→ Task to carry out: Only the lines with "that" in the entries below belong in the answer; please copy them.

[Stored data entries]
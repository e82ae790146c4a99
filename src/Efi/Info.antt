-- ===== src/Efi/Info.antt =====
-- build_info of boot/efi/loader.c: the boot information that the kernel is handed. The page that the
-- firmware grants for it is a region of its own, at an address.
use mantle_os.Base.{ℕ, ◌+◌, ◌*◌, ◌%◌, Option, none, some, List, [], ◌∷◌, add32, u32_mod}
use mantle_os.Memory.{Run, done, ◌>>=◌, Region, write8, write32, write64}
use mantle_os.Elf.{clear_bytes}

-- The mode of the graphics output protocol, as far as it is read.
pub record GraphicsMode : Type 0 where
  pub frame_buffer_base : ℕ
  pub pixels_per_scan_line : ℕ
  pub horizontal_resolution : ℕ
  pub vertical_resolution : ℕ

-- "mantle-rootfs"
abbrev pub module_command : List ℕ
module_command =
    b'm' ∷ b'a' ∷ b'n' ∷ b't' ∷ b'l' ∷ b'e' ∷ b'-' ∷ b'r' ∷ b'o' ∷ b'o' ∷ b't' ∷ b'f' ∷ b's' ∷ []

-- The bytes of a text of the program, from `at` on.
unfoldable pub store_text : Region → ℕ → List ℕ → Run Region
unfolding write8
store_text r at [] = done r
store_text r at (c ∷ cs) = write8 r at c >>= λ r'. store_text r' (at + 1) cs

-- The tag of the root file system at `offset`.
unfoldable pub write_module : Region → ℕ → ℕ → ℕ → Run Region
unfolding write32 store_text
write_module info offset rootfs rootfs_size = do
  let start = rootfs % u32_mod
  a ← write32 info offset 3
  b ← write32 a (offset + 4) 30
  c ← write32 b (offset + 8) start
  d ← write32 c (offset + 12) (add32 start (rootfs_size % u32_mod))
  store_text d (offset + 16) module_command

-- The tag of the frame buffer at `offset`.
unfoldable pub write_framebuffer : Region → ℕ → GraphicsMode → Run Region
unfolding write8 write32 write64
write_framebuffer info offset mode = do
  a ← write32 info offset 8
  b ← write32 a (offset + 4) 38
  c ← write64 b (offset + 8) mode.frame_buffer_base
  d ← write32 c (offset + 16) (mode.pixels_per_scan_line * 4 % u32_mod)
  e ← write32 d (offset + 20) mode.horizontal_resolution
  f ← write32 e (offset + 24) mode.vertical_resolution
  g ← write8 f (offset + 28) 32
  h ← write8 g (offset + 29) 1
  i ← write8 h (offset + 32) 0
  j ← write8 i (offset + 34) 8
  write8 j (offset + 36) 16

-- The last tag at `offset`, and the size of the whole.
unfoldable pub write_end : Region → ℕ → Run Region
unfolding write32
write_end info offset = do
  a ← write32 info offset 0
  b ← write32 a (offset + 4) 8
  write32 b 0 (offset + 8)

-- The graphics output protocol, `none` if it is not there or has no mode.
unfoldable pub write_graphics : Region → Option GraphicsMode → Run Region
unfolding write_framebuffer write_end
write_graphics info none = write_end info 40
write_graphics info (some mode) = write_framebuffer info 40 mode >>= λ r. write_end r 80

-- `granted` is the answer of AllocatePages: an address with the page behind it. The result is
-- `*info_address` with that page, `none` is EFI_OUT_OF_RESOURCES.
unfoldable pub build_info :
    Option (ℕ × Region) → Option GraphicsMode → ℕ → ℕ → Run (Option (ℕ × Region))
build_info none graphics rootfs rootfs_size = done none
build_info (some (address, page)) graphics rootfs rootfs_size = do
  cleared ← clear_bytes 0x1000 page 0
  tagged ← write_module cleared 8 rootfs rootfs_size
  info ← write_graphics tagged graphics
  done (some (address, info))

→ Answer below:
-- build_info of boot/efi/loader.c: the boot information that the kernel is handed. The page that the
-- `*info_address` with that page, `none` is EFI_OUT_OF_RESOURCES.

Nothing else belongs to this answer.